ToneConsistencyMetric
We just released a new evals API called Scorers, with a more ergonomic API and more metadata stored for error analysis, and more flexibility to evaluate data structures. It’s fairly simple to migrate, but we will continue to support the existing Evals API.
The ToneConsistencyMetric
class evaluates the text’s emotional tone and sentiment consistency. It can operate in two modes: comparing tone between input/output pairs or analyzing tone stability within a single text.
Basic Usage
import { ToneConsistencyMetric } from "@mastra/evals/nlp";
const metric = new ToneConsistencyMetric();
// Compare tone between input and output
const result1 = await metric.measure(
"I love this amazing product!",
"This product is wonderful and fantastic!",
);
// Analyze tone stability in a single text
const result2 = await metric.measure(
"The service is excellent. The staff is friendly. The atmosphere is perfect.",
"", // Empty string for single-text analysis
);
console.log(result1.score); // Tone consistency score from 0-1
console.log(result2.score); // Tone stability score from 0-1
measure() Parameters
input:
output:
Returns
score:
info:
info Object (Tone Comparison)
responseSentiment:
referenceSentiment:
difference:
info Object (Tone Stability)
avgSentiment:
sentimentVariance:
Scoring Details
The metric evaluates sentiment consistency through tone pattern analysis and mode-specific scoring.
Scoring Process
-
Analyzes tone patterns:
- Extracts sentiment features
- Computes sentiment scores
- Measures tone variations
-
Calculates mode-specific score: Tone Consistency (input and output):
- Compares sentiment between texts
- Calculates sentiment difference
- Score = 1 - (sentiment_difference / max_difference)

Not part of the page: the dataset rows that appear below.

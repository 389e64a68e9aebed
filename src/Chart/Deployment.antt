-- ===== src/Chart/Deployment.antt =====
-- When scripts/check_chart.py has nothing to say of the Deployment.
use mathlib.Core.Option.{some_inj}
use floodgate.Common.{
  Bool, true, false, some, List, [], ◌∷◌, ◌++◌, ◌≡◌, ◌≢◌, refl, sym, ap, ◌∙◌, arith, inl, inr,
  Bool-cases,
}
use floodgate.Value.{Value, null, obj, Fields, get, truthy}
use floodgate.Portnum.{◌>>=◌, >>=-eq-some}
use floodgate.Chart.{
  Checker, ChartProblem, is_in, subscript, dot_get, or_empty, equals_zero, has_annotation,
  max_unavailable_of, checksum_problems, unavailable_problems, deployment_problems,
}
use floodgate.Value.Laws.{found_in}
use floodgate.Chart.Membership.{Contains, is_in-Contains, Contains-is_in}
use floodgate.Chart.Lookups.{
  subscript-some, dot_get-obj, dot_get-some, is_in-or_empty, not_zero_null, truthy-get, IsZero,
  equals_zero-IsZero, IsZero-equals_zero, obj_not_null,
}

-- The Deployment's pods carry the checksum, and a roll-out leaves none of them unavailable.
pub record IsRolledSafely (checker : Checker) (d : Value) : Type 0 where
  pub top : Fields
  pub spec : Fields
  pub template : Fields
  pub metadata : Fields
  pub annotations : Value
  pub strategy : Fields
  pub rolling : Fields
  pub max_unavailable : Value
  pub is_top : d ≡ obj top
  pub has_spec : get top "spec" ≡ some (obj spec)
  pub has_template : get spec "template" ≡ some (obj template)
  pub has_metadata : get template "metadata" ≡ some (obj metadata)
  pub has_annotations : get metadata "annotations" ≡ some annotations
  pub counts : truthy annotations ≡ true
  pub has_checksum : Contains checker "checksum/config" annotations
  pub has_strategy : get spec "strategy" ≡ some (obj strategy)
  pub has_rolling : get strategy "rollingUpdate" ≡ some (obj rolling)
  pub has_max : get rolling "maxUnavailable" ≡ some max_unavailable
  pub none_unavailable : IsZero max_unavailable

pub append-none : (ps qs : List ChartProblem) → ps ++ qs ≡ [] → (ps ≡ []) × (qs ≡ [])
append-none [] qs h = (refl, h)
append-none (p ∷ ps) qs h = cc

checksum-none : (found : Bool) → checksum_problems found ≡ [] → found ≡ true
checksum-none true h = refl
checksum-none false h = absurd (ground (arith, h))

unavailable-none : (v : Value) → unavailable_problems v ≡ [] → equals_zero v ≡ true
unavailable-none v h = elim (Bool-cases (equals_zero v)) [
  | inl e ↦ e
  | inr e ↦ absurd (ground (arith, rw e at h))
]

truthy_not_null : (v : Value) → truthy v ≡ true → v ≢ null
unfolding truthy
truthy_not_null v h e = absurd (ground (arith, rw e at h))

module _ (checker : Checker) where
  has_annotation-obj :
      (spec : Value) (found : Bool)
      → has_annotation checker spec ≡ some found
      → (d : Fields) × (spec ≡ obj d)
  unfolding has_annotation
  has_annotation-obj spec found h =
      let (tv, e, h1) = >>=-eq-some (subscript spec "template") _ h in
      let (d, (f, g)) = subscript-some spec "template" tv e in (d, f)

  has_annotation-true :
      (spec : Fields)
      → has_annotation checker (obj spec) ≡ some true
      → (template : Fields) × ((metadata : Fields) × ((annotations : Value) × ((get spec "template"
                ≡ some (obj template))
              × ((get template "metadata" ≡ some (obj metadata))
                  × ((get metadata "annotations" ≡ some annotations)
                      × ((truthy annotations ≡ true)
                          × (is_in checker "checksum/config" annotations ≡ some true)))))))
  unfolding has_annotation truthy
  has_annotation-true spec h =
      let (tv, e1, h1) = >>=-eq-some (get spec "template") _ h in
      let (mv, e2, h2) = >>=-eq-some (subscript tv "metadata") _ h1 in
      let (av, e3, h3) = >>=-eq-some (dot_get mv "annotations") _ h2 in
      let (template, (is_t, has_m)) = subscript-some tv "metadata" mv e2 in
      let (metadata, (is_m, has_a)) = dot_get-obj mv "annotations" av e3 in
      let (counts, has_c) = is_in-or_empty checker av "checksum/config" h3 in
      (
        template,
        (
          metadata,
          (
            av,
            (
              e1 ∙ ap some is_t,
              (
                has_m ∙ ap some is_m,
                (
                  found_in metadata "annotations" av has_a (truthy_not_null av counts),
                  (counts, has_c),
                ),
              ),
            ),
          ),
        ),
      )

  max_unavailable_of-some :
      (spec : Fields) (max_unavailable : Value)
      → max_unavailable_of (obj spec) ≡ some max_unavailable
      → max_unavailable ≢ null
      → (strategy : Fields) × ((rolling : Fields) × ((get spec "strategy" ≡ some (obj strategy))
            × ((get strategy "rollingUpdate" ≡ some (obj rolling))
                × (get rolling "maxUnavailable" ≡ some max_unavailable))))
  unfolding max_unavailable_of
  max_unavailable_of-some spec max_unavailable h n =
      let (sv, e1, h1) =
        >>=-eq-some (dot_get (obj spec) "strategy")
          (λ strategy. dot_get (or_empty strategy) "rollingUpdate" >>= λ rolling.
            dot_get (or_empty rolling) "maxUnavailable")
          h in
      let (rv, e2, h2) =
        >>=-eq-some (dot_get (or_empty sv) "rollingUpdate")
          (λ rolling. dot_get (or_empty rolling) "maxUnavailable") h1 in
      let (r, (is_r, has_max)) = dot_get-some rv "maxUnavailable" max_unavailable h2 n in
      let (s, (is_s, has_r)) =
        dot_get-some sv "rollingUpdate" rv e2 (λ e. obj_not_null r (sym is_r ∙ e)) in
      (
        s,
        (
          r,
          (
            found_in spec "strategy" (obj s) (some_inj.0 e1 ∙ is_s) (obj_not_null s),
            (has_r ∙ ap some is_r, has_max),
          ),
        ),
      )

  rolled :
      (d spec_value : Value) (found : Bool) (max_unavailable : Value)
      → subscript d "spec" ≡ some spec_value
      → has_annotation checker spec_value ≡ some found
      → max_unavailable_of spec_value ≡ some max_unavailable
      → found ≡ true
      → equals_zero max_unavailable ≡ true
      → IsRolledSafely checker d
  rolled d spec_value found max_unavailable a b c checked zero =
      let (top, (is_top, has_spec)) = subscript-some d "spec" spec_value a in
      let (spec, is_spec) = has_annotation-obj spec_value found b in
      let (template, (metadata, (annotations, (e1, (e2, (e3, (e4, e5))))))) =
        has_annotation-true spec
          (ap (has_annotation checker) (sym is_spec) ∙ b ∙ ap some checked) in
      let (strategy, (rolling, (f1, (f2, f3)))) =
        max_unavailable_of-some spec max_unavailable (ap max_unavailable_of (sym is_spec) ∙ c)
          (not_zero_null max_unavailable zero) in
      record {
        top = top;
        spec = spec;
        template = template;
        metadata = metadata;
        annotations = annotations;
        strategy = strategy;
        rolling = rolling;
        max_unavailable = max_unavailable;
        is_top = is_top;
        has_spec = has_spec ∙ ap some is_spec;
        has_template = e1;
        has_metadata = e2;
        has_annotations = e3;
        counts = e4;
        has_checksum = is_in-Contains checker "checksum/config" annotations e5;
        has_strategy = f1;
        has_rolling = f2;
        has_max = f3;
        none_unavailable = equals_zero-IsZero max_unavailable zero;
      }

  pub deployment_problems-none :
      (ds : List Value)
      → deployment_problems checker ds ≡ some []
      → (d : Value) × ((ds ≡ d ∷ []) × IsRolledSafely checker d)
  unfolding deployment_problems
  deployment_problems-none [] h = absurd (ground (arith, h))
  deployment_problems-none (d ∷ e ∷ ds) h = absurd (ground (arith, h))
  deployment_problems-none (d ∷ []) h =
      let (sv, e1, h1) = >>=-eq-some (subscript d "spec") _ h in
      let (found, e2, h2) = >>=-eq-some (has_annotation checker sv) _ h1 in
      let (max, e3, h3) = >>=-eq-some (max_unavailable_of sv) _ h2 in
      let (p, q) =
        append-none (checksum_problems found) (unavailable_problems max) (some_inj.0 h3) in
      (d, (refl, rolled d sv found max e1 e2 e3 (checksum-none found p) (unavailable-none max q)))

  IsRolledSafely-checked :
      (d : Value) (r : IsRolledSafely checker d) → has_annotation checker (obj r.spec) ≡ some true
  unfolding has_annotation
  IsRolledSafely-checked d r =
      rw (r.has_template, r.has_metadata, r.has_annotations, r.counts)
        (Contains-is_in checker "checksum/config" r.annotations r.has_checksum)

  IsRolledSafely-max :
      (d : Value) (r : IsRolledSafely checker d)
      → max_unavailable_of (obj r.spec) ≡ some r.max_unavailable
  unfolding max_unavailable_of
  IsRolledSafely-max d r =
      rw
        (
          r.has_strategy,
          truthy-get r.strategy "rollingUpdate" (obj r.rolling) r.has_rolling,
          r.has_rolling,
          truthy-get r.rolling "maxUnavailable" r.max_unavailable r.has_max,
          r.has_max,
        )
        refl

  pub IsRolledSafely-none :
      (d : Value) → IsRolledSafely checker d → deployment_problems checker (d ∷ []) ≡ some []
  unfolding deployment_problems
  IsRolledSafely-none d r =
      rw
        (
          r.is_top,
          r.has_spec,
          IsRolledSafely-checked d r,
          IsRolledSafely-max d r,
          IsZero-equals_zero r.max_unavailable r.none_unavailable,
        )
        refl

Tone Stability (single input):
- Analyzes sentiment across sentences
- Calculates sentiment variance
- Score = 1 - (sentiment_variance / max_variance)
Final score: mode_specific_score * scale
Score interpretation
(0 to scale, default 0-1)
- 1.0: Perfect tone consistency/stability
- 0.7-0.9: Strong consistency with minor variations
- 0.4-0.6: Moderate consistency with noticeable shifts
- 0.1-0.3: Poor consistency with major tone changes
- 0.0: No consistency - completely different tones
Example with Both Modes
import { ToneConsistencyMetric } from "@mastra/evals/nlp";
const metric = new ToneConsistencyMetric();
// Tone Consistency Mode
const consistencyResult = await metric.measure(
"This product is fantastic and amazing!",
"The product is excellent and wonderful!",
);
// Example output:
// {
// score: 0.95,
// info: {
// responseSentiment: 0.8,
// referenceSentiment: 0.75,
// difference: 0.05
// }
// }
// Tone Stability Mode
const stabilityResult = await metric.measure(
"Great service! Friendly staff. Perfect atmosphere.",
"",
);
// Example output:
// {
// score: 0.9,
// info: {
// avgSentiment: 0.6,
// sentimentVariance: 0.1
// }
// }